After that, and with the Spring Classics out of the way, it was raced almost exclusively, with the V5Rs confined to the sidelines, especially in the men's peloton. The Y1Rs quickly became the dominant winning machine across both men's and women's fields, especially with modifications such as the stripping back of the Y1Rs' paint, used to great effect by Pogačar.
We’ve already reviewed the bike out on the roads, but subjective measures can only tell you so much. To get a real understanding of the nuance behind the bike's performance, we took it to the Silverstone Sports Engineering Hub wind tunnel alongside 11 competitors, to put it under the microscope and extract some objective data about the Italian brand's flagship aero machine.

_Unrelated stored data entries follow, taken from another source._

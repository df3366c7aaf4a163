-- ===== src/Backend/Once.antt =====
-- What is good for one use in a backend's trust store, src/server/backend-trust-store.ts.
use pipane.Base.{
  ℕ, ◌≡◌, ◌≢◌, ◌≤◌, ◌<◌, Bool, true, Option, none, some, List, [], ◌∷◌, arith, ok, err, is_some,
}
use pipane.Base.Dict.{get, get-put, get-retain}
use pipane.Trust.Types.{Claims}
use pipane.Backend.Store.{
  ticket_already_used, pairing_missing, Pairing, Store, list_active_pairings, create_pairing,
  check_pairing, consume_pairing, check_ticket, authorize_ticket, mark_ticket_used,
  complete_pairing, apply_revocation,
}
use pipane.Backend.History.{
  Call, lists, creates, consumes, authorizes, marks, completes, revokes, step, run,
}
use pipane.Backend.Safety.{prune_lem}

-- No call comes after the time u.
abbrev pub Before : ℕ → List (ℕ × Call) → Type 0
Before u [] = Unit
Before u (c ∷ cs) = (c.0 ≤ u) × Before u cs

-- No pairing is created under the id p.
abbrev pub Fresh : ℕ → List (ℕ × Call) → Type 0
Fresh p [] = Unit
Fresh p ((now, creates id secret ttl) ∷ cs) = (id ≢ p) × Fresh p cs
Fresh p (c ∷ cs) = Fresh p cs

-- A pairing capability that is used up, or gone.
abbrev pub used_up : Option Pairing → Bool
used_up none = true
used_up (some p) = is_some p.used_at

module _ (hash_secret : ℕ → ℕ) where
  step-used_up :
      (p : ℕ) (c : ℕ × Call) (s : Store)
      → Fresh p (c ∷ [])
      → used_up (get p s.state.pairings) ≡ true
      → used_up (get p (step hash_secret c s).state.pairings) ≡ true
  unfolding step list_active_pairings create_pairing consume_pairing authorize_ticket
      mark_ticket_used complete_pairing apply_revocation
  step-used_up p (now, lists) s f h =
      let parts = prune_lem now s in grind (arith, parts, get-retain)
  step-used_up p (now, creates id secret ttl) s f h =
      let parts = prune_lem now s in grind (arith, parts, get-retain, get-put, f.0)
  step-used_up p (now, consumes id secret) s f h = grind (arith, get-put)
  step-used_up p (now, authorizes claims) s f h =
      let parts = prune_lem now s in grind (arith, parts, get-retain)
  step-used_up p (now, marks claims) s f h = ground arith
  step-used_up p (now, completes account) s f h = ground arith
  step-used_up p (now, revokes account none) s f h = ground arith
  step-used_up p (now, revokes account (some e)) s f h = ground arith

  Fresh-head :
      (p : ℕ) (c : ℕ × Call) (cs : List (ℕ × Call))
      → Fresh p (c ∷ cs)
      → Fresh p (c ∷ []) × Fresh p cs
  Fresh-head p (now, lists) cs k = (tt, k)
  Fresh-head p (now, creates id secret ttl) cs k = ((k.0, tt), k.1)
  Fresh-head p (now, consumes id secret) cs k = (tt, k)
  Fresh-head p (now, authorizes claims) cs k = (tt, k)
  Fresh-head p (now, marks claims) cs k = (tt, k)
  Fresh-head p (now, completes account) cs k = (tt, k)
  Fresh-head p (now, revokes account e) cs k = (tt, k)

  pub run-used_up :
      (p : ℕ) (cs : List (ℕ × Call)) (s : Store)
      → Fresh p cs
      → used_up (get p s.state.pairings) ≡ true
      → used_up (get p (run hash_secret cs s).state.pairings) ≡ true
  unfolding run
  run-used_up p [] s f h = h
  run-used_up p (c ∷ cs) s f h =
      let (f₀, f₁) = Fresh-head p c cs f in
      run-used_up p cs (step hash_secret c s) f₁ (step-used_up p c s f₀ h)

  -- A pairing capability is good for one use: after it was consumed, and as long as no new one has
  -- its id, it is refused whatever the time, the secret and the calls in between, and nothing
  -- changes.
  pub run-pairing_once :
      (now p secret later other : ℕ) (cs : List (ℕ × Call)) (s : Store)
      → Fresh p cs
      → (consume_pairing hash_secret now p secret s).0 ≡ ok tt
      → let s' = run hash_secret cs (consume_pairing hash_secret now p secret s).1 in
        consume_pairing hash_secret later p other s' ≡ (err pairing_missing, s')
  unfolding consume_pairing check_pairing
  run-pairing_once now p secret later other cs s f e =
      let s₁ = (consume_pairing hash_secret now p secret s).1 in
      let used = run-used_up p cs s₁ f (grind (arith, get-put)) in ground (arith, used)

  step-spent :
      (u t x : ℕ) (c : ℕ × Call) (s : Store)
      → c.0 ≤ u
      → u < x
      → get t s.state.used_tickets ≡ some x
      → get t (step hash_secret c s).state.used_tickets ≡ some x
  unfolding step list_active_pairings create_pairing consume_pairing authorize_ticket
      mark_ticket_used complete_pairing apply_revocation
  step-spent u t x (now, lists) s b l h =
      let parts = prune_lem now s in grind (arith, parts, get-retain)
  step-spent u t x (now, creates id secret ttl) s b l h =
      let parts = prune_lem now s in grind (arith, parts, get-retain)
  step-spent u t x (now, consumes id secret) s b l h = ground arith
  step-spent u t x (now, authorizes claims) s b l h =
      let parts = prune_lem now s in grind (arith, parts, get-retain)
  step-spent u t x (now, marks claims) s b l h = grind (arith, get-put)
  step-spent u t x (now, completes account) s b l h = ground arith
  step-spent u t x (now, revokes account none) s b l h = ground arith
  step-spent u t x (now, revokes account (some e)) s b l h = ground arith

  run-spent :
      (u t x : ℕ) (cs : List (ℕ × Call)) (s : Store)
      → Before u cs
      → u < x
      → get t s.state.used_tickets ≡ some x
      → get t (run hash_secret cs s).state.used_tickets ≡ some x
  unfolding run
  run-spent u t x [] s b l h = h
  run-spent u t x (c ∷ cs) s b l h =
      run-spent u t x cs (step hash_secret c s) b.1 l (step-spent u t x c s b.0 l h)

  -- A ticket that was marked as used is refused as such until it expires, after any history of
  -- calls, both where it is authorised and where it is marked.
  pub run-ticket_once :
      (later : ℕ) (claims : Claims) (cs : List (ℕ × Call)) (s : Store)
      → Before later cs
      → later < claims.expires_at
      → (mark_ticket_used claims s).0 ≡ ok tt
      → let s' = run hash_secret cs (mark_ticket_used claims s).1 in
        ((authorize_ticket later claims s').0 ≡ err ticket_already_used)
        × (mark_ticket_used claims s' ≡ (err ticket_already_used, s'))
  unfolding mark_ticket_used authorize_ticket check_ticket
  run-ticket_once later claims cs s b l e =
      let s₁ = (mark_ticket_used claims s).1 in
      let kept =
        run-spent later claims.ticket_id claims.expires_at cs s₁ b l (grind (arith, get-put)) in
      let parts = prune_lem later (run hash_secret cs s₁) in
      (grind (arith, kept, parts, get-retain), ground (arith, kept))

You can read the full, in-depth writeup from that test in our aero bike wind tunnel shootout, but here we're going to focus in on one bike, to see how it compares to its closest competitors.
The test
To test, we used the bike in its off-the-shelf specification, but with a couple of key non-variables to help make data between bikes more consistent. You can read the full, comprehensive test details in the main write-up linked above, but for this article, I've summarised the process below.

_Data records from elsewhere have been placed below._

-- ===== src/Backend/Authorizer.antt =====
-- src/server/backend-connection-authorizer.ts: authorize, cut at its `await`, since other calls may
-- run while the rendezvous server confirms a pairing.
use pipane.Base.{
  ◌∷◌, [], ℕ, ◌≡◌, ◌≢◌, true, not, ◌||◌, Option, none, some, List, arith, Result, ok, err, same,
  ◌>>=◌, ◌⊎◌, inl, inr, truthy, ◌!=◌, if◌then◌else◌, refl,
}
use pipane.Trust.Types.{TicketKind, pairing, connection, Claims}
use pipane.Trust.Tickets.{key_of}
use pipane.Backend.Store.{
  check_ticket, Error, secret_required, confirmation_mismatch, Store, consume_pairing,
  authorize_ticket, mark_ticket_used, complete_pairing, check_pairing,
}
use pipane.Backend.History.{Call, run}
use pipane.Backend.Once.{Fresh, used_up, run-used_up}
use pipane.Backend.Safety.{prune_lem}
use pipane.Base.Dict.{get, get-put, get-retain}

-- What the rendezvous server answers to confirmPairing.
pub record Confirmed : Type 0 where
  pub pair_id : ℕ
  pub device_id : ℕ
  pub account_id : ℕ

Kind-cases : (k : TicketKind) → (k ≡ connection) ⊎ (k ≡ pairing)
Kind-cases pairing = inr refl
Kind-cases connection = inl refl

-- The rest of the branch of a pairing ticket: the account that the pairing gives the backend to.
unfoldable pub finish_pairing : Claims → Confirmed → Store → Result Error (Option ℕ) × Store
finish_pairing claims c s =
    if not (same (some c.pair_id) claims.pair_id) || c.device_id != claims.device_id
    then (err confirmation_mismatch, s)
    else (let (completed, s') = complete_pairing c.account_id s in
        (completed >>= λ _. ok (some c.account_id), s'))

unfoldable pub finish_kind :
    TicketKind → Claims → Confirmed → Store → Result Error (Option ℕ) × Store
finish_kind pairing claims c s = finish_pairing claims c s
finish_kind connection claims c s = (ok claims.account_id, s)

-- authorize, from the answer of a pairing on: the account and the device.
unfoldable pub finish_authorize : Claims → Confirmed → Store → Result Error (Option ℕ × ℕ) × Store
finish_authorize claims c s =
    let (account, s') = finish_kind claims.kind claims c s in
    elim account [
      | err e ↦ (err e, s')
      | ok a ↦
          let (marked, last) = mark_ticket_used claims s' in
          (marked >>= λ _. ok (a, claims.device_id), last)
    ]

finish_authorize-marks :
    (claims : Claims) (c : Confirmed) (account : Option ℕ) (device : ℕ) (s : Store)
    → (finish_authorize claims c s).0 ≡ ok (account, device)
    → let s' = (finish_authorize claims c s).1 in
      (device ≡ claims.device_id)
      × (get claims.ticket_id s.state.used_tickets ≡ none)
      × (get claims.ticket_id s'.state.used_tickets ≡ some claims.expires_at)
unfolding finish_authorize finish_kind finish_pairing complete_pairing mark_ticket_used
finish_authorize-marks claims c account device s e =
    (ground arith, ground arith, grind (arith, get-put))

finish_connection :
    (claims : Claims) (c : Confirmed) (account : Option ℕ) (device : ℕ) (s : Store)
    → claims.kind ≡ connection
    → (finish_authorize claims c s).0 ≡ ok (account, device)
    → (account ≡ claims.account_id)
      × ((finish_authorize claims c s).1.state.owner_account_id ≡ s.state.owner_account_id)
unfolding finish_authorize finish_kind mark_ticket_used
finish_connection claims c account device s k e = (ground arith, ground arith)

finish_paired :
    (claims : Claims) (c : Confirmed) (account : Option ℕ) (device : ℕ) (s : Store)
    → claims.kind ≡ pairing
    → (finish_authorize claims c s).0 ≡ ok (account, device)
    → ((finish_authorize claims c s).1.state.owner_account_id ≡ account)
      × (account ≡ some c.account_id)
      × (claims.pair_id ≡ some c.pair_id)
      × (claims.device_id ≡ c.device_id)
unfolding finish_authorize finish_kind finish_pairing complete_pairing mark_ticket_used
finish_paired claims c account device s k e =
    (ground arith, ground arith, ground arith, ground arith)

module _ (hash_secret : ℕ → ℕ) where
  -- The branch of a pairing ticket, up to the `await`.
  unfoldable pub start_pairing : ℕ → Claims → Option ℕ → Store → Result Error (Unit {0}) × Store
  start_pairing now claims secret s =
      if not (truthy claims.pair_id) || not (truthy secret)
      then (err secret_required, s)
      else consume_pairing hash_secret now (key_of claims.pair_id) (key_of secret) s

  unfoldable pub start_kind :
      TicketKind → ℕ → Claims → Option ℕ → Store → Result Error (Unit {0}) × Store
  start_kind pairing now claims secret s = start_pairing now claims secret s
  start_kind connection now claims secret s = (ok tt, s)

  -- authorize, up to the `await` of a pairing.
  unfoldable pub start_authorize : ℕ → Claims → Option ℕ → Store → Result Error (Unit {0}) × Store
  start_authorize now claims secret s =
      let (allowed, s') = authorize_ticket now claims s in
      elim allowed [ err e ↦ (err e, s') | ok _ ↦ start_kind claims.kind now claims secret s' ]

  start-used_up :
      (now : ℕ) (claims : Claims) (secret : Option ℕ) (s : Store)
      → claims.kind ≡ pairing
      → (start_authorize now claims secret s).0 ≡ ok tt
      → used_up (get (key_of claims.pair_id) (start_authorize now claims secret s).1.state.pairings)
        ≡ true
  unfolding start_authorize start_kind start_pairing consume_pairing authorize_ticket
  start-used_up now claims secret s k e = grind (arith, get-put)

  start-refused :
      (now : ℕ) (claims : Claims) (secret : Option ℕ) (s : Store)
      → claims.kind ≡ pairing
      → used_up (get (key_of claims.pair_id) s.state.pairings) ≡ true
      → (start_authorize now claims secret s).0 ≢ ok tt
  unfolding start_authorize start_kind start_pairing consume_pairing check_pairing authorize_ticket
  start-refused now claims secret s k used e =
      let parts = prune_lem now s in grind (arith, parts, get-retain)

  -- One use of the same pairing capability is enough: of two connections that present it, however
  -- their steps interleave with other calls, the second is refused.
  pub run-authorize_once :
      (now later : ℕ) (claims others : Claims) (secret other : Option ℕ) (cs : List (ℕ × Call))
      (s : Store)
      → claims.kind ≡ pairing
      → others.kind ≡ pairing
      → others.pair_id ≡ claims.pair_id
      → Fresh (key_of claims.pair_id) cs
      → (start_authorize now claims secret s).0 ≡ ok tt
      → (start_authorize later others other
          (run hash_secret cs (start_authorize now claims secret s).1)).0
        ≢ ok tt
  run-authorize_once now later claims others secret other cs s k k' same_pair fresh e e' =
      start-refused later others other (run hash_secret cs (start_authorize now claims secret s).1)
        k'
        (rw same_pair (
          run-used_up hash_secret (key_of claims.pair_id) cs _ fresh
            (start-used_up now claims secret s k e)))
        e'

  start-owned :
      (now : ℕ) (claims : Claims) (secret : Option ℕ) (s : Store)
      → claims.kind ≡ connection
      → (start_authorize now claims secret s).0 ≡ ok tt
      → let s' = (start_authorize now claims secret s).1 in
        (s'.state.owner_account_id ≡ claims.account_id)
        × (s.state.owner_account_id ≡ claims.account_id)
        × (get claims.device_id s.state.revoked_devices ≡ none)
  unfolding start_authorize start_kind authorize_ticket check_ticket
  start-owned now claims secret s k e =
      let parts = prune_lem now s in
      (ground (arith, parts), ground (arith, parts), ground (arith, parts))

  run-nothing : (cs : List (ℕ × Call)) (s : Store) → cs ≡ [] → run hash_secret cs s ≡ s
  unfolding run
  run-nothing [] s e = refl
  run-nothing (c ∷ cs) s e = absurd (ground arith)

  -- An authorisation that succeeds, with any calls while a pairing awaits its confirmation and none
  -- for a connection ticket: it names the ticket's device and the account that owns the backend
  -- then; the ticket was unused and is recorded with its expiry. For a connection ticket the account
  -- is the ticket's, the backend's owner before, and the device is not revoked; for a pairing
  -- ticket, account, pairing and device are those that the rendezvous server confirmed.
  pub finish_authorize-Settled :
      (now : ℕ) (claims : Claims) (secret : Option ℕ) (c : Confirmed) (account : Option ℕ)
      (device : ℕ) (cs : List (ℕ × Call)) (s : Store)
      → (start_authorize now claims secret s).0 ≡ ok tt
      → (claims.kind ≡ connection → cs ≡ [])
      → let waiting = run hash_secret cs (start_authorize now claims secret s).1 in
        (finish_authorize claims c waiting).0 ≡ ok (account, device)
        → let s' = (finish_authorize claims c waiting).1 in
          (device ≡ claims.device_id)
          × (s'.state.owner_account_id ≡ account)
          × (get claims.ticket_id waiting.state.used_tickets ≡ none)
          × (get claims.ticket_id s'.state.used_tickets ≡ some claims.expires_at)
          × (((claims.kind ≡ connection)
                × (account ≡ claims.account_id)
                × (s.state.owner_account_id ≡ account)
                × (get device s.state.revoked_devices ≡ none))
              ⊎ ((claims.kind ≡ pairing)
                  × (account ≡ some c.account_id)
                  × (claims.pair_id ≡ some c.pair_id)
                  × (claims.device_id ≡ c.device_id)))
  finish_authorize-Settled now claims secret c account device cs s started alone finished =
      let s₁ = (start_authorize now claims secret s).1 in
      let waiting = run hash_secret cs s₁ in
      let (named, unused, recorded) =
        finish_authorize-marks claims c account device waiting finished in
      elim (Kind-cases claims.kind) [
        | inl k ↦
            let granted = finish_connection claims c account device waiting k finished in
            let owned = start-owned now claims secret s k started in
            let still = run-nothing cs s₁ (alone k) in
            (
              named,
              ground (arith, granted, owned, still),
              unused,
              recorded,
              inl (k, granted.0, ground (arith, granted, owned), ground (arith, named, owned)),
            )
        | inr k ↦
            let (owns, confirmed, same_pair, same_device) =
              finish_paired claims c account device waiting k finished in
            (named, owns, unused, recorded, inr (k, confirmed, same_pair, same_device))
      ]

We tested in three conditions: bike-only, bike with rider, and bike-only with Enve SES 4.5 wheels. The bike had a 56cm frame, while the geometry was matched up as identically as possible to other bikes we tested. Similarly, a 25mm Continental GP5000 S TR front tyre was used for every single test due to the bias given to the front tyre and impact on drag as the first point of contact for the airflow.
The inner tube's valve length and tyre pressure were also not altered, and the standardised Enve wheel testing used 28mm GP5000 S TR tyres instead of the 25mm option. Elite Vico Carbon bottle cages with Elite Fly bottles were used, except in instances where a bike was designed for - and is sold with - integrated bottle cages.
No computer mounts were used, while the rider test kit remained consistent across all testing. The wind tunnel also neatly creates an 'Edge' or a ghost outline of a rider to ensure the same rider position is held from test to test.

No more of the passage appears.